Сын принес папку и застыл перед отцом, глядя в пол и смертельно боясь, что папа сейчас взорвется своим знаменитым вулканическим гневом, обнаружив в наследнике – крепком спартанского воспитания парне – презренные девчоночьи склонности, и в несколько движений на ленточки пустит все рисунки из заветной папки, а потом как достанет из шкафа ремень… Отец рассматривал лист за листом, сохраняя на пухлом веснушчатом лице, которое никто, тем не менее, не рискнул бы назвать добрым или простодушным, выражение полнейшего бесстрастия. Ущерба никакого не нанес, и, вложив в папку последний рисунок, закрыл ее и крепко погладил мощными ладонями.
– Так, – повторил он неумолимо. – Так. По математике больше тройки у тебя уже и сейчас не бывает. Дальше станет только хуже. Потом начнется физика – и вообще кранты. Думал репетитора тебе брать. Ничего подобного. С осени пойдешь в СХШ. Там твое место. Не мне решать, хоть я и коммунист. Господу Богу. А Он уже решил. Чего стоишь? Забирай эти бумажки и дуй к себе в комнату…
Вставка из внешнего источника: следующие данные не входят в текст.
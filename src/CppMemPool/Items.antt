-- ===== src/CppMemPool/Items.antt =====
-- The blocks that the loops of MemoryPool append to the list of the free ones.
use freertos_addons.Prelude.{
  ℕ, zero, suc, ◌+◌, ◌-◌, ◌*◌, ◌≤◌, ◌<◌, ◌≡◌, refl, ap, ◌∙◌, sym, true, false, Bool-cases, inl, inr,
  ◌==◌, leb, arith, List, [], ◌∷◌, ◌++◌, has, length, append_assoc, append-nil,
}
use freertos_addons.Machine.{ok}
use freertos_addons.Memory.{Ptr}
use freertos_addons.MemPool.Create.{Placed}
use freertos_addons.CppMemPool.{Pool, PoolState, push_back, push_items, push_region}

-- `n` blocks of `size` bytes, one behind the other, in the order of their addresses.
abbrev pub row : (n address size : ℕ) → List Ptr
row zero address size = []
row (suc n) address size = address ∷ row n (address + size) size

pub length-row : (n address size : ℕ) → length (row n address size) ≡ n
length-row zero address size = refl
length-row (suc n) address size = ap suc (length-row n (address + size) size)

-- Each block stands at a multiple of the size from the first.
pub has-row :
    (n address size a : ℕ)
    → has a (row n address size) ≡ true
    → (i : ℕ) × (i < n) × (a ≡ address + i * size)
has-row zero address size a h = cc
has-row (suc n) address size a h = elim (Bool-cases (a == address)) [
  | inl here ↦ (0, omega arith, ground arith)
  | inr other ↦
      let (i, lt, e) = has-row n (address + size) size a (ground arith) in
      (suc i, omega arith, omega arith)
]

pub row-Placed :
    (n address size to : ℕ) → address + n * size ≤ to → Placed address to size (row n address size)
row-Placed n address size to room = record {
  within = λ a i.
      let (k, lt, e) = has-row n address size a i in
      let fits : k * size + size ≤ n * size = grind arith in (omega arith, omega arith);
  apart = λ a b i j lt.
      let (k, _, e) = has-row n address size a i in
      let (m, _, e') = has-row n address size b j in
      let less : k < m = grind arith in
      let fits : k * size + size ≤ m * size = grind arith in omega arith;
}

-- `xs` behind the free blocks.
abbrev pub with_items : Pool → List Ptr → Pool
with_items pool xs = record pool { free_items = pool.free_items ++ xs }

pub with_items-with_items :
    (pool : Pool) (x : Ptr) (xs : List Ptr)
    → with_items (push_back x pool) xs ≡ with_items pool (x ∷ xs)
with_items-with_items pool x xs =
    ap (λ (ys : List Ptr). record pool { free_items = ys })
      (append_assoc pool.free_items (x ∷ []) xs)

pub with_items-nil : (pool : Pool) → with_items pool [] ≡ pool
with_items-nil pool =
    ap (λ (ys : List Ptr). record pool { free_items = ys }) (append-nil pool.free_items)

pub push_items_lem :
    (n address size : ℕ) (pool : Pool)
    → push_items n address size pool ≡ with_items pool (row n address size)
unfolding push_items
push_items_lem zero address size pool = sym (with_items-nil pool)
push_items_lem (suc n) address size pool =
    push_items_lem n (address + size) size (push_back address pool)
    ∙ with_items-with_items pool address (row n (address + size) size)

-- With a round more than there are blocks the loop ends, and the blocks are those that fit.
pub push_region_lem :
    {K : Type 0} (n fuel address left size : ℕ) (s : PoolState K)
    → n * size ≤ left
    → left < n * size + size
    → n < fuel
    → push_region fuel address left size s
      ≡ ok tt (record s { pool = with_items s.pool (row n address size) })
unfolding push_region
push_region_lem n zero address left size s room short enough = absurd (omega arith)
push_region_lem zero (suc fuel) address left size s room short enough =
    let test : leb size left ≡ false = ground arith in
    rw test (ap (λ (p : Pool). ok tt (record s { pool = p })) (sym (with_items-nil s.pool)))
push_region_lem (suc n) (suc fuel) address left size s room short enough =
    let test : leb size left ≡ true = ground arith in
    rw test (
      push_region_lem n fuel (address + size) (left - size) size
        (record s { pool = push_back address s.pool }) (omega arith) (omega arith) (omega arith)
      ∙ ap (λ (p : Pool). ok tt (record s { pool = p }))
          (with_items-with_items s.pool address (row n (address + size) size)))
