-- ===== src/Alerts/Safe.antt =====
-- What is pending in the router of crates/alerts/src/lib.rs.
use insider_trader.Prelude.{
  ℕ, ◌≤◌, ◌≡◌, refl, sym, subst, arith, ℤ, pos, ltb_ℤ, leb, ltb, ◌==◌, false, ◌&&◌, ◌||◌, not, some,
  [], length, is_some_and, Text, ok, fail_if-eq-ok, Bool-cases, Result-cases, inl, inr,
}
use insider_trader.Maps.{
  text_key, Map, key_eq, key_eq_iff, get, insert, remove, contains_key, get-insert, get-remove,
  length-insert, length-remove,
}
use insider_trader.Alerts.{
  Channel, in_app, native, sound, webhook, Delivery, delivery_key, Alert, invalid_alert,
  future_timestamp, sensitive_external, webhook_not_allowed, AlertRouter, new_router,
  is_allowed_url, allow_webhook, reconfigure, saturating_sub_i64, is_external, is_forbidden,
  admissible, deliver, route_checked, route, acknowledge, acknowledge_channel,
}

pub data Step : AlertRouter → AlertRouter → Type 0 where
  allows : (r : AlertRouter) (url : Text) → Step r (allow_webhook r url).1
  configures :
      (r : AlertRouter) (cooldown : ℤ) (bound : ℕ) → Step r (reconfigure r cooldown bound).1
  routes :
      (r : AlertRouter) (alert : Alert) (channel : Channel) (now : ℤ)
      → Step r (route r alert channel now).1
  acknowledges : (r : AlertRouter) (id : Text) → Step r (acknowledge r id).1
  delivers :
      (r : AlertRouter) (id : Text) (channel : Channel)
      → Step r (acknowledge_channel r id channel).1

pub data Reach : AlertRouter → Type 0 where
  start :
      (cooldown : ℤ) (bound : ℕ) (r : AlertRouter) → new_router cooldown bound ≡ some r → Reach r
  step : (r t : AlertRouter) → Reach r → Step r t → Reach t

-- A delivery under its own key, of an alert that its channel may carry.
pub record IsAllowed (allowed : Map Text (Unit {0})) (key : Delivery) (delivery : Alert × Channel)
    : Type 0 where
  pub own_key : key ≡ (delivery.0.alert_id, delivery.1)
  pub discreet : (delivery.0.sensitive && is_external delivery.1) ≡ false
  pub listed : is_forbidden allowed delivery.1 ≡ false

pub record IsSafe (r : AlertRouter) : Type 0 where
  pub bound : length r.pending ≤ r.max_pending
  pub deliveries :
      (k : Delivery) (d : Alert × Channel)
      → get k r.pending ≡ some d
      → IsAllowed r.allowed_webhooks k d

admissible-IsAllowed :
    (r : AlertRouter) (alert : Alert) (channel : Channel) (now : ℤ)
    → admissible r alert channel now ≡ ok tt
    → IsAllowed r.allowed_webhooks (alert.alert_id, channel) (alert, channel)
unfolding admissible
admissible-IsAllowed r alert channel now h =
    let (a, h1) = fail_if-eq-ok _ invalid_alert _ h in
    let (b, h2) = fail_if-eq-ok _ future_timestamp _ h1 in
    let (c, h3) = fail_if-eq-ok _ sensitive_external _ h2 in
    let (d, h4) = fail_if-eq-ok _ webhook_not_allowed _ h3 in
    record { own_key = refl; discreet = c; listed = d }

allowed_more :
    (allowed : Map Text (Unit {0})) (url : Text) (channel : Channel)
    → is_forbidden allowed channel ≡ false
    → is_forbidden (insert url tt allowed) channel ≡ false
allowed_more allowed url (webhook u) h = ground (arith, h, get-insert u url tt allowed)
allowed_more allowed url in_app h = refl
allowed_more allowed url native h = refl
allowed_more allowed url sound h = refl

allow_webhook-IsSafe : (r : AlertRouter) (url : Text) → IsSafe r → IsSafe (allow_webhook r url).1
unfolding allow_webhook
allow_webhook-IsSafe r url s = elim (Bool-cases (not (is_allowed_url url))) [
  | inl bad ↦ rw bad s
  | inr good ↦ rw good (record {
    bound = s.bound;
    deliveries = λ k d h.
        let a = s.deliveries k d h in
        record {
          own_key = a.own_key;
          discreet = a.discreet;
          listed = allowed_more r.allowed_webhooks url d.1 a.listed;
        };
  })
]

reconfigure-IsSafe :
    (r : AlertRouter) (cooldown : ℤ) (bound : ℕ)
    → IsSafe r
    → IsSafe (reconfigure r cooldown bound).1
unfolding reconfigure
reconfigure-IsSafe r cooldown bound s =
    elim (Bool-cases (ltb_ℤ cooldown (pos 0) || (bound == 0) || ltb bound (length r.pending))) [
      | inl bad ↦ rw bad s
      | inr good ↦ rw good (record { bound = ground (arith, good); deliveries = s.deliveries })
    ]

deliver-IsSafe :
    (r : AlertRouter) (alert : Alert) (channel : Channel) (now : ℤ)
    → IsAllowed r.allowed_webhooks (alert.alert_id, channel) (alert, channel)
    → IsSafe r
    → IsSafe (deliver r alert channel now).1
deliver-IsSafe r alert channel now a s =
    elim (Bool-cases (
      is_some_and (get (alert.dedupe_key, channel) r.last_routed)
        (λ last. ltb_ℤ (saturating_sub_i64 now last) r.cooldown_ms))) [
          | inl again ↦ rw again s
          | inr new ↦ elim (Bool-cases (leb r.max_pending (length r.pending))) [
            | inl at_bound ↦ rw (new, at_bound) s
            | inr room ↦
                let key : Delivery = (alert.alert_id, channel) in
                rw (new, room)
                  (record {
                    bound = ground (arith, room, length-insert key (alert, channel) r.pending);
                    deliveries = λ k d h. elim (Bool-cases (key_eq k key)) [
                      | inl same ↦
                          let this : (alert, channel) ≡ d =
                            ground (arith, h, same, get-insert k key (alert, channel) r.pending) in
                          subst (IsAllowed r.allowed_webhooks k) this (
                            subst (λ j. IsAllowed r.allowed_webhooks j (alert, channel))
                              (sym ((key_eq_iff k key).0 same)) a)
                      | inr other ↦
                          s.deliveries k d
                            (ground (arith, h, other, get-insert k key (alert, channel) r.pending))
                    ];
                  })
          ]
        ]

route-IsSafe :
    (r : AlertRouter) (alert : Alert) (channel : Channel) (now : ℤ)
    → IsSafe r
    → IsSafe (route r alert channel now).1
unfolding route
route-IsSafe r alert channel now s = elim (Result-cases (admissible r alert channel now)) [
  | inl (e, bad) ↦ subst (λ x. IsSafe (route_checked r alert channel now x).1) (sym bad) s
  | inr (u, good) ↦
      subst (λ x. IsSafe (route_checked r alert channel now x).1) (sym good)
        (deliver-IsSafe r alert channel now (admissible-IsAllowed r alert channel now good) s)
]

remove-IsSafe :
    (r : AlertRouter) (key : Delivery) (acknowledged : Map Text (Unit {0}))
    → IsSafe r
    → IsSafe (record r { pending = remove key r.pending; acknowledged = acknowledged })
remove-IsSafe r key acknowledged s = record {
  bound = omega (arith, s.bound, length-remove key r.pending);
  deliveries = λ k d h. elim (Bool-cases (key_eq k key)) [
    | inl same ↦ absurd (ground (arith, h, same, get-remove k key r.pending))
    | inr other ↦ s.deliveries k d (ground (arith, h, other, get-remove k key r.pending))
  ];
}

acknowledge-IsSafe : (r : AlertRouter) (id : Text) → IsSafe r → IsSafe (acknowledge r id).1
unfolding acknowledge
acknowledge-IsSafe r id s = elim (Bool-cases (contains_key (id, in_app) r.pending)) [
  | inl there ↦ rw there (remove-IsSafe r (id, in_app) (insert id tt r.acknowledged) s)
  | inr absent ↦ rw absent s
]

acknowledge_channel-IsSafe :
    (r : AlertRouter) (id : Text) (channel : Channel)
    → IsSafe r
    → IsSafe (acknowledge_channel r id channel).1
unfolding acknowledge_channel
acknowledge_channel-IsSafe r id channel s =
    elim (Bool-cases (contains_key (id, channel) r.pending)) [
      | inl there ↦ rw there (remove-IsSafe r (id, channel) _ s)
      | inr absent ↦ rw absent s
    ]

-- In every state that the calls reach, no more deliveries are pending than the bound allows, each is
-- under its own key, none of a sensitive alert is on an external channel, and each webhook is one
-- that was allowed.
pub Reach-IsSafe : (r : AlertRouter) → Reach r → IsSafe r
unfolding new_router get
Reach-IsSafe r (start cooldown bound _ h) =
    let fresh : AlertRouter = record {
      cooldown_ms = cooldown;
      max_pending = bound;
      allowed_webhooks = [];
      last_routed = [];
      pending = [];
      acknowledged = [];
    } in
    let made : r ≡ fresh = ground (arith, h) in
    subst IsSafe (sym made) (record { bound = omega arith; deliveries = λ k d e. cc })
Reach-IsSafe _ (step r t reached (allows _ url)) =
    allow_webhook-IsSafe r url (Reach-IsSafe r reached)
Reach-IsSafe _ (step r t reached (configures _ cooldown bound)) =
    reconfigure-IsSafe r cooldown bound (Reach-IsSafe r reached)
Reach-IsSafe _ (step r t reached (routes _ alert channel now)) =
    route-IsSafe r alert channel now (Reach-IsSafe r reached)
Reach-IsSafe _ (step r t reached (acknowledges _ id)) =
    acknowledge-IsSafe r id (Reach-IsSafe r reached)
Reach-IsSafe _ (step r t reached (delivers _ id channel)) =
    acknowledge_channel-IsSafe r id channel (Reach-IsSafe r reached)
Вечером мама заламывала руки и с пылающими щеками прижимала к груди коллекционный кружевной платок: «Как ты посмел?! Нет, ты мне скажи, как ты посмел?! Неумелой детской рукой! Прикоснуться к работе профессионала! Изуродовать одно из лучших произведений! Нет в тебе совести! Совсем нет совести! И нет высокого страха перед творениями искусства! И это – сын художницы! Боже! Боже! За что Ты меня так сурово наказываешь?!». Пожилой отец с ласковой снисходительностью поглядывал из-за развернутой «Правды» на свою молодую высокую и костлявую жену, принимавшую замечательно красивые балетные позы, и нежно бубнил, кривя суровый рот в не идущей ему улыбке: «Не бери близко к сердцу, Риточка… Не перенапрягайся, девочка моя…».
Она умерла от аппендицита, когда Нельсону только что исполнилось шестнадцать, умерла, собственно, не от болезни, а все от той же непроходимой глупости: несколько дней испытывая мучительную боль в животе, она упорно отказывалась показаться любому врачу, трагически восклицая: «Советская медицина! Ха-ха! Она опасна для жизни! Если не пройдет, я поеду в поликлинику для творческих работников и добьюсь приема у профессора! За меня вся моя жизнь в искусстве! Я не позволю калечить себя какому-нибудь недоучившемуся ветеринару!». Когда аппендикс, наконец, разорвало и гной вылился в беззащитную брюшину, эти бездушные «ветеринары» целую неделю бились за ее никчемную, то потухавшую, то обнадеживающе загоравшуюся жизнь, организовали отдельный сестринский пост у ее постели и перешептывались между собой: «Известная художница… Надо же… Такая молодая…» – но повлиять на роковое решение злодейки-Судьбы уже не смогли.